I just picked up another 50# spool last nite @ Dunhams. It seems to hold well using planers for backeretc. on boards so I'll trust my 300+ Coppers for It. Very impressed with the small Dia. (50# = .014 Dia) also I hope it don't lose its dark green color like power-pro does. I was happy with the regular suffix 40# braid last yr. on one of my 4 braid diver set-ups and it didn't slip using slide divers but the 832 braid claims to be slippery so well see.
SM


----------



## WallyKiller (Aug 30, 2010)

steelheadmaniac said:


> I just picked up another 50# spool last nite @ Dunhams. It seems to hold well using planers for backeretc. on boards so I'll trust my 300+ Coppers for It. Very impressed with the small Dia. (50# = .014 Dia) also I hope it don't lose its dark green color like power-pro does. I was happy with the regular suffix 40# braid last yr. on one of my 4 braid diver set-ups and it didn't slip using slide divers but the 832 braid claims to be slippery so well see.
> SM



I have 20lb on my jiggin set up. Its the first time I have ever use braid so I can't compare it to anything. I can say this, the color is "bleeding" off the line.


----------



## sfw1960 (Apr 7, 2002)

GORE fiber a.k.a. PTFE is indeed slippery.
I am looking forward to trying it - it's supposed to cast 10% further than non- Gore braids.


----------



## Multispeciestamer (Jan 27, 2010)

I got a spool late last year I think, I really like it. Not as abrasive resitant as power pro, but much smoother and better casting.


----------



## sfw1960 (Apr 7, 2002)

Multispeciestamer said:


> I got a spool late last year I think, I really like it. Not as abrasive resitant as power pro, but much smoother and better casting.

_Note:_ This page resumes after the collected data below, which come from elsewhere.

-- ===== src/Cache/Flush.antt =====
-- Writing dirty blocks back: `flush`, `flushBlocks`, `flushDirtyBlocks` and `evictBlocks` of
-- client_src/cache.cpp. An error code of 0 stands for success, as in the code.
use net_fs.Prelude.{
  ℕ, zero, suc, ◌+◌, ◌-◌, ◌*◌, min, List, [], ◌∷◌, ◌++◌, length, take, drop, Bool, true, false, leb,
  ltb, ◌==◌, wrap64, none, some, nat_eq, string_eq, find, put, at, Result, ok, err, bad_access,
  assert, ◌>>=◌, ◌>>◌, if◌then◌else◌,
}
use net_fs.Time.{FileTime}
use net_fs.Range.{Range, insert_range}
use net_fs.Cache.Entry.{CacheEntry, entry_clean, is_dirty}
use net_fs.Cache.State.{Use, FileCache, Cache, Backend}
use net_fs.Cache.Blocks.{set_file, delete_entry}

dirty_in : List (ℕ × CacheEntry) → ℕ
dirty_in [] = 0
dirty_in ((_, e) ∷ entries) = dirty_in entries + (if is_dirty e then 1 else 0)

-- `Cache::countDirtyBlocks`
unfoldable pub count_dirty_blocks : List (List ℕ × FileCache) → ℕ
unfolding dirty_in
count_dirty_blocks [] = 0
count_dirty_blocks ((_, fc) ∷ files) = dirty_in fc.entries + count_dirty_blocks files

-- `std::sort`
unfoldable pub insert_number : ℕ → List ℕ → List ℕ
insert_number n [] = n ∷ []
insert_number n (m ∷ ms) = if leb n m then n ∷ m ∷ ms else m ∷ insert_number n ms

unfoldable pub sort : List ℕ → List ℕ
unfolding insert_number
sort [] = []
sort (n ∷ ns) = insert_number n (sort ns)

-- The variables of the loop of `flushBlocks`, with the fields of the file that the callback
-- takes by reference.
pub record Flushing (S : Type 0) : Type 0 where
  pub flush_range : List Range
  pub gathered : List ℕ
  pub time : FileTime
  pub stale : Bool
  pub behind : S

module _ {S : Type 0} (backend : Backend S) where
  -- The call of `_content_wb` for what was gathered; the range that it is for is the only one.
  unfoldable pub write_back : List ℕ → Flushing S → Result (ℕ × Flushing S)
  write_back filename fl = elim fl.flush_range [
    | [] ↦ err bad_access
    | r ∷ _ ↦ do
      assert (r.end - r.start == length fl.gathered)
      (code, time, stale, behind) ←
          backend.content_wb filename r.start fl.gathered fl.time fl.stale fl.behind
      ok (code, record fl { time = time; stale = stale; behind = behind })
  ]

  -- What follows the first test of a round: a range is started if there is none.
  unfoldable pub start_range : ℕ → ℕ → List ℕ → Flushing S → Result (Flushing S)
  start_range abs_start abs_end bytes fl =
      if length fl.flush_range == 0
      then (do
        ranges ← insert_range abs_start abs_end fl.flush_range
        assert (length fl.gathered == 0)
        ok (record fl { flush_range = ranges; gathered = fl.gathered ++ bytes }))
      else ok fl

  -- One round of the inner loop, for one valid range of the block `b`.
  unfoldable pub flush_round :
      List ℕ → ℕ → ℕ → CacheEntry → Range → Flushing S → Result (ℕ × Flushing S)
  flush_round filename block_size b entry rg fl =
      let abs_start : ℕ = wrap64 (rg.start + b * block_size) in
      let abs_end : ℕ = wrap64 (rg.end + b * block_size) in
      let bytes : List ℕ = take (rg.end - rg.start) (drop rg.start entry.content) in
      elim fl.flush_range [
        | r ∷ [] ↦
            if r.end == abs_start
            then (do
              ranges ← insert_range abs_start abs_end (r ∷ [])
              fl' ←
                  start_range abs_start abs_end bytes
                    (record fl { flush_range = ranges; gathered = fl.gathered ++ bytes })
              ok (0, fl'))
            else (do
              (code, fl') ← write_back filename fl
              if code == 0
                  then (do
                    fl'' ←
                        start_range abs_start abs_end bytes
                          (record fl' { flush_range = []; gathered = [] })
                    ok (0, fl''))
                  else ok (code, fl'))
        | other ↦ do fl' ← start_range abs_start abs_end bytes fl; ok (0, fl')
      ]

  unfoldable pub flush_ranges :
      List ℕ → ℕ → ℕ → CacheEntry → List Range → Flushing S → Result (ℕ × Flushing S)
  flush_ranges filename block_size b entry [] fl = ok (0, fl)
  flush_ranges filename block_size b entry (rg ∷ ranges) fl = do
    (code, fl') ← flush_round filename block_size b entry rg fl
    elim (code == 0) [
      | true ↦ flush_ranges filename block_size b entry ranges fl'
      | false ↦ ok (code, fl')
    ]

  -- The outer loop, over the blocks.
  unfoldable pub gather :
      List ℕ → ℕ → List (ℕ × CacheEntry) → List ℕ → Flushing S → Result (ℕ × Flushing S)
  gather filename block_size entries [] fl = ok (0, fl)
  gather filename block_size entries (b ∷ blocks) fl = do
    entry ← at b entries
    (code, fl') ← flush_ranges filename block_size b entry entry.valid_ranges fl
    elim (code == 0) [
      | true ↦ gather filename block_size entries blocks fl'
      | false ↦ ok (code, fl')
    ]

  -- The last write-back, after the loop.
  unfoldable pub write_rest : List ℕ → Flushing S → Result (ℕ × Flushing S)
  write_rest filename fl = do
    assert (leb (length fl.flush_range) 1)
    if length fl.flush_range == 1 then write_back filename fl else ok (0, fl)

-- The loop that marks the flushed blocks clean.
unfoldable pub clean_blocks : List ℕ → List (ℕ × CacheEntry) → Result (List (ℕ × CacheEntry))
clean_blocks [] entries = ok entries
clean_blocks (b ∷ blocks) entries = do
  entry ← at b entries
  clean_blocks blocks (put b (entry_clean entry) entries)

-- The blocks of the dirty entries of a file, as `flush` collects them.
unfoldable pub dirty_blocks : List (ℕ × CacheEntry) → List ℕ
dirty_blocks [] = []
dirty_blocks ((b, e) ∷ entries) =
    let rest = dirty_blocks entries in if is_dirty e then b ∷ rest else rest

-- `fblocks[filename].push_back(block_num)`
unfoldable pub push_block : List ℕ → ℕ → List (List ℕ × List ℕ) → List (List ℕ × List ℕ)
push_block filename b groups = elim (find filename groups) [
  | none ↦ put filename (b ∷ []) groups
  | some blocks ↦ put filename (blocks ++ b ∷ []) groups
]

-- The loop of `flushDirtyBlocks` over the usage list, from its tail: the rounds for what follows a
-- node come first.
unfoldable pub group_dirty : List (List ℕ × FileCache) → List Use → Result (List (List ℕ × List ℕ))
group_dirty files [] = ok []
group_dirty files (u ∷ us) = do
  groups ← group_dirty files us
  fc ← at u.entry_id.filename files
  entry ← at u.entry_id.block_num fc.entries
  ok (if is_dirty entry then push_block u.entry_id.filename u.entry_id.block_num groups else groups)

-- `_recent_list.back()`
unfoldable pub last_use : List Use → Result Use
last_use [] = err bad_access
last_use (u ∷ []) = ok u
last_use (u ∷ v ∷ us) = last_use (v ∷ us)

abbrev pub with_times : {S : Type 0} → FileCache → Flushing S → FileCache
with_times fc fl = record fc { attr = record fc.attr { time = fl.time }; stale = fl.stale }

-- The loop of `evictBlocks`, with `n` rounds left: `_recent_list.back()` goes.
unfoldable pub evict_loop : ℕ → Cache → Result Cache
evict_loop zero c = ok c
evict_loop (suc n) c = do
  u ← last_use c.recent_list
  c' ← delete_entry u.entry_id.filename u.entry_id.block_num c
  evict_loop n c'

module _ {S : Type 0} (backend : Backend S) where
  -- The end of `flushBlocks`, when all the content is written back.
  unfoldable pub finish_flush : List ℕ → List ℕ → FileCache → Cache → S → Result (ℕ × Cache × S)
  finish_flush filename blocks fc c s = do
    entries ← clean_blocks blocks fc.entries
    (code, attr, stale, s') ← backend.attr_wb filename fc.attr fc.stale s
    ok (code, set_file filename (record { stale = stale; attr = attr; entries = entries }) c, s')

  -- `Cache::flushBlocks`
  unfoldable pub flush_blocks : List ℕ → List ℕ → Cache → S → Result (ℕ × Cache × S)
  flush_blocks filename sorted_dblocks c s = do
    fc ← at filename c.file_map
    (code, fl) ← gather backend filename c.block_size fc.entries sorted_dblocks (record {
      flush_range = [];
      gathered = [];
      time = fc.attr.time;
      stale = fc.stale;
      behind = s;
    })
    if code == 0
        then (do
          (code', fl') ← write_rest backend filename fl
          if code' == 0
              then finish_flush filename sorted_dblocks (with_times fc fl') c fl'.behind
              else ok (code', set_file filename (with_times fc fl') c, fl'.behind))
        else ok (code, set_file filename (with_times fc fl) c, fl.behind)

  -- `Cache::flush`; what `flushBlocks` returns is not looked at
  unfoldable pub flush : List ℕ → Cache → S → Result (ℕ × Cache × S)
  flush filename c s = elim (find filename c.file_map) [
    | none ↦ ok (0, c, s)
    | some fc ↦
        if ltb 0 (length (dirty_blocks fc.entries))
        then (do
          (_, c', s') ← flush_blocks filename (sort (dirty_blocks fc.entries)) c s
          ok (0, c', s'))
        else ok (0, c, s)
  ]

  -- The second loop of `flushDirtyBlocks`, over the files with dirty blocks.
  unfoldable pub flush_groups : List (List ℕ × List ℕ) → Cache → S → Result (ℕ × Cache × S)
  flush_groups [] c s = ok (0, c, s)
  flush_groups ((filename, blocks) ∷ groups) c s = do
    (code, c', s') ← flush_blocks filename (sort blocks) c s
    elim (code == 0) [ true ↦ flush_groups groups c' s' | false ↦ ok (code, c', s') ]

  -- `Cache::flushDirtyBlocks`
  unfoldable pub flush_dirty_blocks : Cache → S → Result (ℕ × Cache × S)
  flush_dirty_blocks c s = do groups ← group_dirty c.file_map c.recent_list; flush_groups groups c s

  -- `Cache::evictBlocks`; the count is taken before the flush
  unfoldable pub evict_blocks : ℕ → Cache → S → Result (ℕ × Cache × S)
  evict_blocks count c s = do
    (code, c', s') ← flush_dirty_blocks c s
    if code == 0
        then (do c'' ← evict_loop (min (length c.recent_list) count) c'; ok (0, c'', s'))
        else ok (code, c', s')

What LB test are you using, MST?


----------



## FishermanJohn (Apr 24, 2007)

Just spooled the 50# on my carp/cat rod and after 1 trip seems to cast at least as well as Power Pro. My only complaint is that it seems to dig into the spool more than Power Pro and I had some casts cut short by that. Overall I am happy so far.


----------



## droppin lines (Feb 1, 2009)

I put in on all my ice rods for Walleye fishing on the bay and had great success with.


----------



## Roger That (Nov 18, 2010)

I have the bright green on my float rod. I like it a lot.


----------



## Boozer (Sep 5, 2010)

It's a good line, just not worth the money...

It doesn't hold its color like it claims...

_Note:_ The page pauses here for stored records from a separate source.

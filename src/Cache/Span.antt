-- ===== src/Cache/Span.antt =====
-- Spans of a file's bytes, cut into blocks: the arithmetic of the loops of `Cache::write` and
-- `Cache::read` in client_src/cache.cpp.
use net_fs.Prelude.{
  ℕ, ◌+◌, ◌-◌, ◌*◌, ◌<◌, ◌≤◌, ◌≡◌, ◌≢◌, ◌⊎◌, inl, inr, ap, Bool, leb, ltb, ◌==◌, ==_iff, ◌&&◌,
  if◌then◌else◌, min, length, take, drop, List, get_elem?, get_elem?-take, get_elem?-drop, Option,
  arith, Bool-cases, true,
}

-- Whether `p` is one of the `n` positions from `start` on.
abbrev pub in_span : ℕ → ℕ → ℕ → Bool
in_span start n p = leb start p && ltb p (start + n)

-- Where the blocks `k` and `curr` of a file stand to each other.
abbrev pub Blocks : ℕ → ℕ → ℕ → ℕ → ℕ → Type 0
Blocks size curr k at_curr at_k =
    ((k ≡ curr) × (at_k ≡ at_curr))
    ⊎ ((k ≢ curr) × (at_k + size ≤ at_curr))
    ⊎ ((k ≢ curr) × (at_curr + size ≤ at_k))

pub blocks_apart : (size k curr : ℕ) → k < curr → k * size + size ≤ curr * size
blocks_apart size k curr h = grind arith

pub block_order : (size curr k : ℕ) → Blocks size curr k (curr * size) (k * size)
block_order size curr k = elim (Bool-cases (k == curr)) [
  | inl same ↦ let e : k ≡ curr = (==_iff k curr).0 same in inl (e, ap (λ (n : ℕ). n * size) e)
  | inr other ↦ elim (Bool-cases (ltb k curr)) [
    | inl before ↦ inr (inl (ground arith, blocks_apart size k curr (ground arith)))
    | inr after ↦ inr (inr (ground arith, blocks_apart size curr k (ground arith)))
  ]
]

-- The first block of a span and the span that is left are the whole span.
pub span_step :
    (size curr k x bstart n at_curr at_k : ℕ) (buf : List ℕ) (old : Option ℕ)
    → x < size
    → bstart < size
    → n ≡ min (size - bstart) (length buf)
    → Blocks size curr k at_curr at_k
    → (if in_span (at_curr + size) (length buf - n) (at_k + x)
        then get_elem? (drop n buf) (at_k + x - (at_curr + size))
        else if curr == k && in_span bstart n x
        then get_elem? (take n buf) (x - bstart)
        else old)
      ≡ (if in_span (at_curr + bstart) (length buf) (at_k + x)
          then get_elem? buf (at_k + x - (at_curr + bstart))
          else old)
span_step size curr k x bstart n at_curr at_k buf old h p e b =
    ground
      (arith, get_elem?-drop n buf (at_k + x - (at_curr + size)), get_elem?-take n buf (x - bstart))

-- A position of the span lies in what is left, or in the first block.
pub span_split :
    (size curr k x bstart n len at_curr at_k : ℕ)
    → x < size
    → bstart < size
    → n ≡ min (size - bstart) len
    → Blocks size curr k at_curr at_k
    → in_span (at_curr + bstart) len (at_k + x) ≡ true
    → (in_span (at_curr + size) (len - n) (at_k + x) ≡ true) ⊎ ((curr == k) ≡ true)
span_split size curr k x bstart n len at_curr at_k h p e b i = elim b [
  | inl (ek, _) ↦ inr (ground arith)
  | inr (inl (_, before)) ↦ absurd (ground arith)
  | inr (inr (_, after)) ↦ inl (ground arith)
]

-- Two changes of a file's bytes, one after the other, and their sum.
pub two_changes :
    (same in_rest same_block in_first in_all : Bool) (v' v₁ v a b d : Option ℕ)
    → v' ≡ (if same && in_rest then a else v₁)
    → v₁ ≡ (if (same && same_block) && in_first then b else v)
    → (if in_rest then a else if same_block && in_first then b else v) ≡ (if in_all then d else v)
    → v' ≡ (if same && in_all then d else v)
two_changes same in_rest same_block in_first in_all v' v₁ v a b d p q r = ground arith
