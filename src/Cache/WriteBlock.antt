-- ===== src/Cache/WriteBlock.antt =====
-- `Cache::writeBlock` of client_src/cache.cpp.
use net_fs.Prelude.{
  ℕ, ◌+◌, ◌-◌, ◌<◌, ◌≤◌, ◌^◌, ◌>>=◌, List, length, get_elem?, leb, ltb, none, some, str_eq_iff,
  nat_eq, string_eq, ◌&&◌, ◌||◌, Bool, if◌then◌else◌, find, at-find, ok, ◌≡◌, refl, ap₂, sym, ◌∙◌,
  arith, Bool-cases, Option-cases, inl, inr, true, false,
}
use net_fs.Cache.Entry.{CacheEntry, empty_entry, entry_write, is_dirty, dirty}
use net_fs.Cache.Contents.{
  byte_at, empty_entry-IsBlock, byte_at-empty_entry, entry_write_lem, wrap64_small,
}
use net_fs.Cache.State.{FileCache, Cache}
use net_fs.Cache.Blocks.{set_entry, new_entry, write_block}
use net_fs.Cache.Valid.{IsValid, find_entry, view, same_place, same_place_iff}
use net_fs.Cache.Store.{Stored, file_facts, find_entry-file, set_entry-Stored, new_entry-Stored}

-- Whether a block is in the cache and dirty.
unfoldable pub dirty_at : Cache → List ℕ → ℕ → Bool
dirty_at c f b = elim (find_entry c f b) [ none ↦ false | some e ↦ is_dirty e ]

-- The cache `c'` is `c` with `buf` written into a block of a file, at `offset`.
pub record Wrote (c c' : Cache) (f : List ℕ) (b offset : ℕ) (buf : List ℕ) : Type 0 where
  pub valid : IsValid c'
  pub same_size : c'.block_size ≡ c.block_size
  pub same_facts : (g : List ℕ) → file_facts c' g ≡ file_facts c g
  pub bytes :
      (g : List ℕ) (k x : ℕ)
      → view c' g k x ≡ (
          if same_place f b g k && (leb offset x && ltb x (offset + length buf))
          then get_elem? buf (x - offset)
          else view c g k x)
  pub dirt : (g : List ℕ) (k : ℕ) → dirty_at c' g k ≡ (same_place f b g k || dirty_at c g k)

-- A file that the cache knows is known after an entry is put in place.
pub Stored-find :
    {c c' : Cache} {f : List ℕ} {b : ℕ} {e : CacheEntry} (g : List ℕ) {fc : FileCache}
    → Stored c c' f b e
    → find g c.file_map ≡ some fc
    → (fc' : FileCache) × (find g c'.file_map ≡ some fc')
Stored-find {c} {c'} g st h =
    let facts = st.same_facts g in
    elim (Option-cases (find g c'.file_map)) [
      | inl miss ↦ absurd (unfold file_facts in ground arith)
      | inr found ↦ found
    ]

le→leb : {n m : ℕ} → n ≤ m → leb n m ≡ true
le→leb h = ground arith

pub view_stored :
    (c : Cache) (g : List ℕ) (k : ℕ) (e : CacheEntry) (x : ℕ)
    → find_entry c g k ≡ some e
    → view c g k x ≡ byte_at e x
unfolding view
view_stored c g k e x h = ground arith

pub view_absent : (c : Cache) (g : List ℕ) (k x : ℕ) → find_entry c g k ≡ none → view c g k x ≡ none
unfolding view
view_absent c g k x h = ground arith

pub view_same :
    (c c' : Cache) (g : List ℕ) (k x : ℕ)
    → find_entry c' g k ≡ find_entry c g k
    → view c' g k x ≡ view c g k x
unfolding view
view_same c c' g k x h = ground arith

dirty_stored :
    (c : Cache) (g : List ℕ) (k : ℕ) (e : CacheEntry)
    → find_entry c g k ≡ some e
    → e.state ≡ dirty
    → dirty_at c g k ≡ true
unfolding dirty_at
dirty_stored c g k e h d = ground arith

pub dirty_same :
    (c c' : Cache) (g : List ℕ) (k : ℕ)
    → find_entry c' g k ≡ find_entry c g k
    → dirty_at c' g k ≡ dirty_at c g k
unfolding dirty_at
dirty_same c c' g k h = ground arith

-- What an entry that is put in place does to the bytes and to the dirty blocks.
Wrote-Stored :
    (c c' : Cache) (f : List ℕ) (b offset : ℕ) (buf : List ℕ) (e : CacheEntry)
    → Stored c c' f b e
    → e.state ≡ dirty
    → ((x : ℕ)
        → byte_at e x ≡ (
            if leb offset x && ltb x (offset + length buf)
            then get_elem? buf (x - offset)
            else view c f b x))
    → Wrote c c' f b offset buf
Wrote-Stored c c' f b offset buf e st is_dirty bytes = record {
  valid = st.valid;
  same_size = st.same_size;
  same_facts = st.same_facts;
  bytes = λ g k x.
      let now = st.now g k in
      let there = bytes x in
      elim (Bool-cases (same_place f b g k)) [
        | inl same ↦
            let (ef, eb) = same_place_iff f b g k same in
            let there' : byte_at e x ≡ (
                if leb offset x && ltb x (offset + length buf)
                then get_elem? buf (x - offset)
                else view c g k x) =
              there
              ∙ ap₂
                  (λ h n.
                    if leb offset x && ltb x (offset + length buf)
                    then get_elem? buf (x - offset)
                    else view c h n x)
                  ef eb in
            view_stored c' g k e x (now ∙ rw same refl) ∙ there' ∙ rw same refl
        | inr other ↦ view_same c c' g k x (now ∙ rw other refl) ∙ rw other refl
      ];
  dirt = λ g k.
      let now = st.now g k in
      elim (Bool-cases (same_place f b g k)) [
        | inl same ↦ dirty_stored c' g k e (now ∙ rw same refl) is_dirty ∙ rw same refl
        | inr other ↦ dirty_same c c' g k (now ∙ rw other refl) ∙ rw other refl
      ];
}

pub Stored-trans :
    {c c' c'' : Cache} {f : List ℕ} {b : ℕ} {e e' : CacheEntry}
    → Stored c c' f b e
    → Stored c' c'' f b e'
    → Stored c c'' f b e'
Stored-trans s t = record {
  valid = t.valid;
  same_size = t.same_size ∙ s.same_size;
  same_facts = λ g. t.same_facts g ∙ s.same_facts g;
  now = λ g k. ground (arith, s.now g k, t.now g k);
}

module _ (c : Cache) (f : List ℕ) (b offset : ℕ) (buf : List ℕ) (fc : FileCache) (v : IsValid c)
    (known : find f c.file_map ≡ some fc) (some_bytes : 0 < length buf)
    (fits : offset + length buf ≤ c.block_size) where
  write_block_found :
      (e e' : CacheEntry) (c' : Cache)
      → c.block_size < 2 ^ 64
      → find b fc.entries ≡ some e
      → entry_write offset buf e ≡ ok e'
      → set_entry f b e' c ≡ ok c'
      → write_block f b offset buf c ≡ ok c'
  unfolding write_block
  write_block_found e e' c' small there run set =
      rw (wrap64_small fits small, le→leb fits, at-find f c.file_map known, ◌>>=◌, there, run) set

  write_block_made :
      (e e' : CacheEntry) (c₁ c' : Cache)
      → c.block_size < 2 ^ 64
      → find b fc.entries ≡ none
      → new_entry f b c ≡ ok (e, c₁)
      → entry_write offset buf e ≡ ok e'
      → set_entry f b e' c₁ ≡ ok c'
      → write_block f b offset buf c ≡ ok c'
  unfolding write_block
  write_block_made e e' c₁ c' small absent made run set =
      rw
        (wrap64_small fits small, le→leb fits, at-find f c.file_map known, ◌>>=◌, absent, made, run)
        set

  write_existing :
      (e : CacheEntry)
      → find b fc.entries ≡ some e
      → (c' : Cache) × (write_block f b offset buf c ≡ ok c') × Wrote c c' f b offset buf
  write_existing e there =
      let old : find_entry c f b ≡ some e = find_entry-file c f b fc known ∙ there in
      let (e', run, block, is_dirty', kept, bytes) =
        entry_write_lem c.block_size offset buf e v.small (v.blocks f b e old) some_bytes fits in
      let (c', set, st) = set_entry-Stored c f b fc e e' v known there block kept in
      (
        c',
        write_block_found e e' c' v.small there run set,
        Wrote-Stored c c' f b offset buf e' st is_dirty'
            (λ x. bytes x ∙ rw (view_stored c f b e x old) refl),
      )

  write_new :
      find b fc.entries ≡ none
      → (c' : Cache) × (write_block f b offset buf c ≡ ok c') × Wrote c c' f b offset buf
  write_new absent =
      let e : CacheEntry = empty_entry c.block_size c.next_node in
      let (c₁, made, st) = new_entry-Stored c f b fc v known absent in
      let (e', run, block, is_dirty', kept, bytes) =
        entry_write_lem c.block_size offset buf e v.small
          (empty_entry-IsBlock c.block_size c.next_node) some_bytes fits in
      let (fc₁, known₁) = Stored-find f st known in
      let here : same_place f b f b ≡ true = ground (arith, str_eq_iff f f) in
      let there : find b fc₁.entries ≡ some e =
        sym (find_entry-file c₁ f b fc₁ known₁) ∙ st.now f b ∙ rw here refl in
      let (c', set, st') =
        set_entry-Stored c₁ f b fc₁ e e' st.valid known₁ there (rw st.same_size block) kept in
      (
        c',
        write_block_made e e' c₁ c' v.small absent made run set,
        Wrote-Stored c c' f b offset buf e' (Stored-trans st st') is_dirty' (λ x.
            bytes x
            ∙ rw
                (
                  byte_at-empty_entry c.block_size c.next_node x,
                  view_absent c f b x (find_entry-file c f b fc known ∙ absent),
                )
                refl),
      )

  -- Bytes that fit into a block are written into it, in a new entry or in the one that is there.
  -- The cache stays valid, and no other byte, file or dirty block changes.
  pub write_block_lem :
      (c' : Cache) × (write_block f b offset buf c ≡ ok c') × Wrote c c' f b offset buf
  write_block_lem = elim (Option-cases (find b fc.entries)) [
    | inl absent ↦ write_new absent
    | inr (e, there) ↦ write_existing e there
  ]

It's less abrasion resistant than Power Pro...

It is thicker for the same pound test rating than Power Pro...

Digs into the spool really bad and sticks as it comes off the spool (to an extent all braid does this)...

Retains just as much water as power pro unlike it claims...

Like I said, it's not junk, I really like the way it knots, just more expensive than power pro and not as good in some ways...


----------



## tkelly559 (Jun 6, 2010)

I will vouch for the farther casting with it, it is very smooth so far. Not as much color loss as the regular suffix or power pro.


----------



## sfw1960 (Apr 7, 2002)

I picked up a spool of 20 lb. last Wednesday, along with some Sufix Fuse in Neon Fire (8Lb) for $6 a spool.....
I need to re-spool a few reels, so I figured I'd give it a sh0T...
:evilsmile


----------